YOUR GOAL ▸
Search the records for the string "with", and show each line where it appears.

Recorded data ▸
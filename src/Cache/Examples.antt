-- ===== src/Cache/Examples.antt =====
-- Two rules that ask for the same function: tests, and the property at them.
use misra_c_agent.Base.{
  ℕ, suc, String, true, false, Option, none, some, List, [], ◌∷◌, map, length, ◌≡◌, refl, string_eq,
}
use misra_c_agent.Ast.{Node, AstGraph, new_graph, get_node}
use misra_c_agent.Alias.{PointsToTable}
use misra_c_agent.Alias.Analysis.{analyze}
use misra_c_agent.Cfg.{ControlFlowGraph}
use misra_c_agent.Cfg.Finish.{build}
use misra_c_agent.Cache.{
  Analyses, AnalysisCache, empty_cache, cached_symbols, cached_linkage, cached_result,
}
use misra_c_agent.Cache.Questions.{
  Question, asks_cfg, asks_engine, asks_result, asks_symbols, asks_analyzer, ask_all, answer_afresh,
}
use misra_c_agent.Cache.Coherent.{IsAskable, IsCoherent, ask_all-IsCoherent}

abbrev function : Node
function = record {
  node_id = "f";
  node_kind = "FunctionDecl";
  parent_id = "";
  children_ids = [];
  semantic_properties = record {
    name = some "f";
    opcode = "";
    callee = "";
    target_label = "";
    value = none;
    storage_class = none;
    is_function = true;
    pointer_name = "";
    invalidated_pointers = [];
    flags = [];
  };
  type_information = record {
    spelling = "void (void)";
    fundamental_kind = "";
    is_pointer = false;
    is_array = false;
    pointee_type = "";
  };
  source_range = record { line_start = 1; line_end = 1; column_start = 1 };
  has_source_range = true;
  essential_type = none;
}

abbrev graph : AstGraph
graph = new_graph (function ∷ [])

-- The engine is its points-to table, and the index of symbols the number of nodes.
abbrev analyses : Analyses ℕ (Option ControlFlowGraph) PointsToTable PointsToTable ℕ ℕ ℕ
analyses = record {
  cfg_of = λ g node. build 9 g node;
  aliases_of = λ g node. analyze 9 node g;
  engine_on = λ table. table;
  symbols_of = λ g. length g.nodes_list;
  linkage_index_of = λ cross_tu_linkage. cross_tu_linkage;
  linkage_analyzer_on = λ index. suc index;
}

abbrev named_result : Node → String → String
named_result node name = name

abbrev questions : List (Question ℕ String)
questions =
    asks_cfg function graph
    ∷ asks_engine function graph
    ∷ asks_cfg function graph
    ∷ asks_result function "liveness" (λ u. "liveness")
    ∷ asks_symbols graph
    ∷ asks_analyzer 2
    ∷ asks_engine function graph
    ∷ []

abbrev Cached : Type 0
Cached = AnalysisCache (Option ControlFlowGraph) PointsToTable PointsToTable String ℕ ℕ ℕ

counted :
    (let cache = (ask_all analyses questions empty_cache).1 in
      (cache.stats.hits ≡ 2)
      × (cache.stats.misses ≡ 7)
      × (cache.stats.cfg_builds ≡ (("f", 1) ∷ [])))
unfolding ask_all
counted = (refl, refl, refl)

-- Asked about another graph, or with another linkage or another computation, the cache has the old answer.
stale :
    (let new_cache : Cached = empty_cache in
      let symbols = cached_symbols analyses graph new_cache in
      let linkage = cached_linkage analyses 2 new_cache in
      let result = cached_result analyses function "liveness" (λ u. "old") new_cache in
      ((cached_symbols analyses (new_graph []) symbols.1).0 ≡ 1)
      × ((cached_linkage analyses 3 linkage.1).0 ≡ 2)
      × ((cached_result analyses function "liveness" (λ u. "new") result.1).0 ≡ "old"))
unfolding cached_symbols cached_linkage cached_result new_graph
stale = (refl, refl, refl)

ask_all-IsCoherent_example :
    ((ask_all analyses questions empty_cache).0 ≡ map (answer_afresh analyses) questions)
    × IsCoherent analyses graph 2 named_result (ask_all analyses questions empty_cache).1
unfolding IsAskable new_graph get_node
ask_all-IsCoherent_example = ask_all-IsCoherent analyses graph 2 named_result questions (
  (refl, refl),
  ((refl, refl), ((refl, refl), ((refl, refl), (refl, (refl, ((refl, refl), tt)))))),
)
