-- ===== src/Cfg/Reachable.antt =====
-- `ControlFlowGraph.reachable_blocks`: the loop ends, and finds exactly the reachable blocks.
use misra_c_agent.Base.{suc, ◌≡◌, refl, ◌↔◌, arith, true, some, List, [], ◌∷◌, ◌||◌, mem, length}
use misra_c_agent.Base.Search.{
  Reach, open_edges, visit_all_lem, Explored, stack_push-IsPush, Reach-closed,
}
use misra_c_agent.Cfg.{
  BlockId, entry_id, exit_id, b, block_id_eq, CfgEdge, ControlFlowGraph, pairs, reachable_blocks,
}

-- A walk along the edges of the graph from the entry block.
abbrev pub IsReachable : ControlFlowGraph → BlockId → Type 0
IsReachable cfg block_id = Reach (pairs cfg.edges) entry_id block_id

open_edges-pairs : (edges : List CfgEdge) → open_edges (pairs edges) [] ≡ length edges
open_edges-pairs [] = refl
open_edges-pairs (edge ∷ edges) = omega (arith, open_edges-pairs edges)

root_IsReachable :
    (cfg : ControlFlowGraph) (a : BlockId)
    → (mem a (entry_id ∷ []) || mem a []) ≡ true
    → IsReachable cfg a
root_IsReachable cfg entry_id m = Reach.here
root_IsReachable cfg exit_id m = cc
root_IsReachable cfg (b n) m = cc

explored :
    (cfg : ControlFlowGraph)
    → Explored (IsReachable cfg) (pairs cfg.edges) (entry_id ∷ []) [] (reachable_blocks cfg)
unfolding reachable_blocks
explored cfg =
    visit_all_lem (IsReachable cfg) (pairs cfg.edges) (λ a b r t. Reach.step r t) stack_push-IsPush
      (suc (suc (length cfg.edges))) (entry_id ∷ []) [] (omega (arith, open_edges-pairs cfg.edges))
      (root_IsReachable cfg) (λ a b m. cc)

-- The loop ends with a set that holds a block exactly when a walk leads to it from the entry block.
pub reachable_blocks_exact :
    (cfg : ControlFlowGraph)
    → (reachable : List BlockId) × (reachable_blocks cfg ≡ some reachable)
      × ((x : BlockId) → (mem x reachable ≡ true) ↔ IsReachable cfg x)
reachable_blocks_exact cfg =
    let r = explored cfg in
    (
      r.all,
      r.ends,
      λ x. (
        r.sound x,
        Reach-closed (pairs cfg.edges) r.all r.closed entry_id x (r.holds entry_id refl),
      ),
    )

TASK SOLUTION ▸
-- Asked about another graph, or with another linkage or another computation, the cache has the old answer.
-- The loop ends with a set that holds a block exactly when a walk leads to it from the entry block.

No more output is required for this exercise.